Conduct a test of independence at the \(\alpha = 0.05\) significance level.

Solution

You may recall that the hypotheses for this test are:

\begin{align*} H_0\amp:\ \text{Efficiency and years of experience are independent characteristics}\\ H_A\amp:\ \text{These characteristics are dependent} \end{align*}

Next, we compute the expected counts.

\(\lt\) 5 Years 5-15 Years 15+ Years Total
Low Efficiency 20 15 11 46
21.41 13.38 11.20
Moderate Efficiency 43 27 27 97
45.15 28.22 23.63
High Efficiency 65 38 29 132
61.44 38.40 32.16
Total 128 80 67 275
Table 6.3.40. Observed and Expected Counts

And then we compute the \(\chi^2\) test statistic using this table.

\begin{align*} \chi^2_{\text{test}} \amp= \frac{(20-21.41)^2}{21.41} + \frac{(15-13.38)^2}{13.38} + \frac{(11-11.20)^2}{11.20}\\ \amp+ \frac{(43-45.15)^2}{45.15} + \frac{(27-28.22)^2}{28.22} + \frac{(27-23.63)^2}{23.63}\\ \amp+ \frac{(65-61.44)^2}{61.44} + \frac{(38.38.40)^2}{38.40} + \frac{(29-32.16)^2}{32.16}\\ \amp\approx 1.449 \end{align*}

At the \(\alpha = 0.05\) significance level with \(df = (3-1)(3-1) = 4\text{,}\) the critical value from the \(\chi^2\)-distribution is 9.488. The distribution and test statistic are shown below.

Figure 6.3.41. Rejection Region for \(\chi^2\) Test

Since our test statistic is not further into the tail than the critical value of \(\chi^2_{0.05} = 9.488\text{,}\) we must fail to reject the null hypothesis.

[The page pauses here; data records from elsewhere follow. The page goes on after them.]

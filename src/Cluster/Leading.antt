-- ===== src/Cluster/Leading.antt =====
-- The logs that the members of a cluster of src/raft/raft.cc have led with, and what is on their disks,
-- beside the cluster itself: the history that its steps leave, and the contract of
-- include/mlsm/raft/storage.h that they keep.
pub mod Backed
pub mod Acked
pub mod Invariant
pub mod Moved
pub mod Preserve
pub mod Saved
pub mod Sent
pub mod Revived
pub mod Agreement
use mini_lsm.Prelude.{◌≡◌, Bool, true, false, List, [], ◌∷◌, ◌&&◌, ◌==◌, if◌then◌else◌, drop}
use mini_lsm.Raft.Messages.{NodeId, Term, LogEntry}
use mini_lsm.Raft.State.{Raft, Role, leader, follower, candidate, sentinel}
use mini_lsm.Raft.Core.{tick, step, propose, take_committed}
use mini_lsm.Cluster.{
  Setup, Cluster, update, start, Step, ticks, delivers, proposes, applies, saves, sends, restarts,
  Reach, here, next,
}

-- The log that a node has led with last, by term; empty where it did not lead.
abbrev pub Led : Type 0
Led = Term → List LogEntry

abbrev pub is_leader : Role → Bool
is_leader leader = true
is_leader follower = false
is_leader candidate = false

-- The log of a leader, written into its history.
abbrev pub note_log : Raft → Led → Led
note_log r l t = if is_leader r.role && r.current_term == t then r.log else l t

-- `fresh` is on where a node was saved after it last went on.
pub record Leading : Type 0 where
  pub disk : NodeId → List LogEntry
  pub led : NodeId → Led
  pub saved_led : NodeId → Led
  pub fresh : NodeId → Bool

abbrev pub no_leading : Leading
no_leading = record {
  disk = λ i. sentinel ∷ [];
  led = λ i t. [];
  saved_led = λ i t. [];
  fresh = λ i. true;
}

-- Node `i` goes on to the state `r`.
abbrev pub told : Leading → NodeId → Raft → Leading
told g i r = record g {
  led = update g.led i (note_log r (g.led i));
  fresh = update g.fresh i false;
}

abbrev pub follow : {s : Setup} {c d : Cluster} → Step s c d → Leading → Leading
follow {c} (ticks i m lt) g = told g i (tick (c.nodes i))
follow {c} (delivers m mem sent) g = told g m.to (step m (c.nodes m.to))
follow {c} (proposes i payload m) g = told g i (propose payload (c.nodes i)).0
follow (applies i m) g = g
follow {c} (saves i m) g = record g {
  disk = update g.disk i (c.nodes i).log;
  saved_led = update g.saved_led i (g.led i);
  fresh = update g.fresh i true;
}
follow (sends i m clean) g = g
follow (restarts i entries m) g = record g {
  led = update g.led i (g.saved_led i);
  fresh = update g.fresh i true;
}

-- A node is saved before it sends, and it comes back with the log on its disk.
abbrev pub Keeps : {s : Setup} {c d : Cluster} → Step s c d → Leading → Type 0
Keeps (ticks i m lt) g = Unit
Keeps (delivers m mem sent) g = Unit
Keeps (proposes i payload m) g = Unit
Keeps (applies i m) g = Unit
Keeps (saves i m) g = Unit
Keeps (sends i m clean) g = g.fresh i ≡ true
Keeps (restarts i entries m) g = entries ≡ drop 1 (g.disk i)

-- The states that a cluster can reach with that contract.
pub data ReachLog (s : Setup) : Cluster → Leading → Type 0 where
  begins : ReachLog s (start s) no_leading
  goes_on :
      {c d : Cluster} {g : Leading}
      → ReachLog s c g
      → (st : Step s c d) → Keeps st g
      → ReachLog s d (follow st g)

pub ReachLog-Reach : {s : Setup} {c : Cluster} {g : Leading} → ReachLog s c g → Reach s c
ReachLog-Reach begins = here
ReachLog-Reach (goes_on r st k) = next (ReachLog-Reach r) st
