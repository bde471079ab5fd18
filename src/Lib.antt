-- ===== src/Lib.antt =====
-- FProto: a messaging protocol with its servers. This library models the parts of its Go code that
-- decide what happens to sessions, connections, messages and keys, and proves what they promise.
--
-- How the parts interact. A client's message reaches the dispatcher, which chooses a Kafka topic and
-- writes the message to the table outbox. The relay polls that table and publishes its rows. The sync
-- service consumes the topics, asks Redis whether it has seen the message, and writes it to the table
-- inbox of the recipient. Sessions, the pool of connections, the framing of streams and the
-- encryption of packets are libraries in proto-core that the services use.
--
-- The files, with the code that each is about:
--   Base: Boolean tests, lists, results of fallible functions, bytes, and what the code uses of
--     encoding/hex and encoding/binary.
--   Sql: how a statement sent to PostgreSQL ends. Each call has an outcome: it ran, it did not run, or
--     it ran and the answer was lost; the last two are errors to the client.
--   Message: the structs of server/internal/protocol/gen/fproto/v1 that the services read.
--   Session: proto-core/session. Machine has the table and Transition of machine.go, Histories lists
--     of events, Stores the two stores (redis_store.go, pg_store.go), Manager
--     the methods of manager.go over them, and Service the gRPC methods of
--     server/internal/sessiongrpc/server.go.
--   Transport: proto-core/transport. Pool is pool.go (NewConnPool, Add, Remove, UpdateSeq, Best, Count,
--     All), Framing is ReadMessage and WriteMessage of quic.go and of sdk/go/transport.go, Streams is
--     grpc_transport.go, Dialing how connections of websocket.go and quic.go come about and end.
--   Crypto: proto-core/crypto (aead.go, rekey.go, zeroize.go) and server/internal/cryptogrpc/server.go:
--     Encrypt, Decrypt and Rekey in Service, InitiateHandshake and ProcessHandshake in Handshakes.
--   Noise: proto-core/crypto/noise.go, keypair.go and sdk/go/crypto.go. Conversations has code that reads
--     and writes messages as a tree, Handshakes the handshakes, Agreement what two ends then share, and
--     OpenLibrary a library for examples.
--   SenderKeys: server/internal/senderkeys. Keys is ratchet.go, keypair.go, distribution.go and
--     rotation.go, Messages is encrypt.go and decrypt.go, Cache is store.go; Streams is about sequences
--     of messages.
--   Kafka: server/internal/kafka. Topics and Producer are topics.go and producer.go, Headers is
--     tracing.go, Consumer is consumer.go and config.go; Claims and Redelivery are about histories of sessions. A
--     send has an outcome too.
--   Dispatcher: server/internal/dispatcher. Router is router.go, Dispatch is dispatcher.go and
--     grpc_server.go.
--   Outbox: server/internal/outbox. Store is the table and each statement, Relay is poll and what it
--     calls, Running the loop that polls; Delivery, Progress, Drain and Running/Drained are about
--     histories, one entry, one whole poll, and the loop.
--   Inbox: server/internal/inbox, the table and each statement.
--   Groups: server/internal/groups (the tables and statements, in Store) and the handler of
--     server/internal/commands/handler.go in Commands, with service.go there in Service; Replays is
--     about sessions one after the other.
--   Sync: server/internal/sync. Dedup is dedup.go, Handler is handler.go, Offline is one page of
--     offline.go and Paging the loop over the pages, Service is service.go; Handler/Loss,
--     Replays and Handler/Routes are about repeated deliveries, sessions one after the other, and the
--     topics of the dispatcher. A mark in Redis has a time that it lasts, which waits between
--     deliveries use up.
--   Media: server/internal/media. Store is model.go and store.go, Objects is s3.go, Uploads is
--     service.go and grpc_server.go; Histories is about sequences of calls.
--   Gateway: handleConn of server/cmd/gateway/main.go; Replies is about what its client reads,
--     Stored about what its messages leave in the outbox. EchoServer: handleConnection of
--     server/cmd/echo-server/main.go.
--   Sdk: sdk/go. Client is client.go, Reconnect is reconnect.go, Dialing is transport.go.
--   Apps: the programs of examples/, starters/go and starters/interop, which use proto-core. Frames
--     has the frames that they share (messages.go of each), FinanceOrders, Notifications, GameRealtime and IotTelemetry
--     the server of each example, Starter both loops of starters/go/main.go, and Interop the
--     loop of starters/interop/server.go. Fills, Genuine,
--     Broadcasts, Subscriptions, World, Scores, Deaths, Histories, Kept and Recent are about whole
--     connections and what they leave; where connections share a state, what the others do to it
--     between two messages is an argument, or an event of a list.
--   The modules Examples, and Session/Calls, hold concrete runs.
--
-- State and operations. A table is a list of rows in the order of their ids, with the sequence and the
-- clock; a statement is a function on it, translated from the SQL text, constraints included. A map
-- whose order Go leaves open is a list in the order of its visit, and what is stated holds of every
-- order. A method that changes shared state takes the state and returns it. Byte slices are lists of
-- numbers; where the code tells nil from empty they are options. Lengths on the wire wrap at 2 ^ 32.
--
-- Two loops run on fuel, where `none` says that it ran out: the one over the pages of missed messages
-- (Sync/Paging), for which two more than the rows of the table are enough, and the one that reconnects
-- (Sdk/Reconnect), for which the limit on the attempts is enough. Every other loop goes over a finite
-- list: the messages of a claim, the calls of a history, the rows of a page.
--
-- Parameters: the cipher of chacha20poly1305, HKDF, HMAC and Ed25519, flynn/noise, the answers of
-- PostgreSQL, Kafka, Redis and the object store, protobuf's Marshal and Unmarshal, Sscanf, what pgx's
-- Scan does with a NULL, encoding/json, and arithmetic on float64. Of these a theorem assumes what
-- its comment says: that Open inverts Seal, that SET NX sets a key once and for its time, that Sscanf
-- reads what EncodeToString writes, that what is marshalled reads back, that the library follows the
-- handshake pattern, that a signature verifies, or that nothing is committed where automatic commits
-- are off.
--
-- Not modelled: the main programs in server/cmd, which wire servers and clients, metrics and tracing
-- spans, the reads and writes of WebSocket connections, listeners and certificates, migrations, the
-- clients of the examples but for notifications, and the code in other languages.
pub mod Base
pub mod Sql
pub mod Message
pub mod Session
pub mod Transport
pub mod Noise
pub mod Crypto
pub mod SenderKeys
pub mod Kafka
pub mod Dispatcher
pub mod Outbox
pub mod Inbox
pub mod Groups
pub mod Sync
pub mod Media
pub mod Sdk
pub mod Apps
pub mod Gateway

There is no statistically significant evidence that efficiency and years worked are related. These two variables appear to be independent.

Figure 6.3.42. Tests of Independence or Homogeneity I
Figure 6.3.43. Tests of Independence or Homogeneity II

In a test of homogeneity, the following observed counts are observed, and the expected counts are shown in the lower right-hand corners of each cell.

Population 1 Population 2
Characteristic A 51 42
43.22 49.78
Characteristic B 61 87
68.78 79.22
Table 6.3.45. Observed and Expected Counts

This results in a test statistic \(\chi^2_\text{test} = 4.260\text{.}\)

Question: what is your conclusion at the \(\alpha = 0.01\) significance level?

Answer

The populations appear to be homogeneous.

In a test of independence, the following observed counts are observed, and the expected counts are shown in the lower right-hand corners of each cell.

Characteristic 1 Characteristic 2
Characteristic A 51 42
43.22 49.78
Characteristic B 61 87
68.78 79.22
Table 6.3.47. Observed and Expected Counts

This results in a test statistic \(\chi^2_{\text{test}} = 4.260\text{.}\)

Question: what is your conclusion at the \(\alpha = 0.05\) significance level?

Answer

There is statistically significant evidence the characteristics are dependent.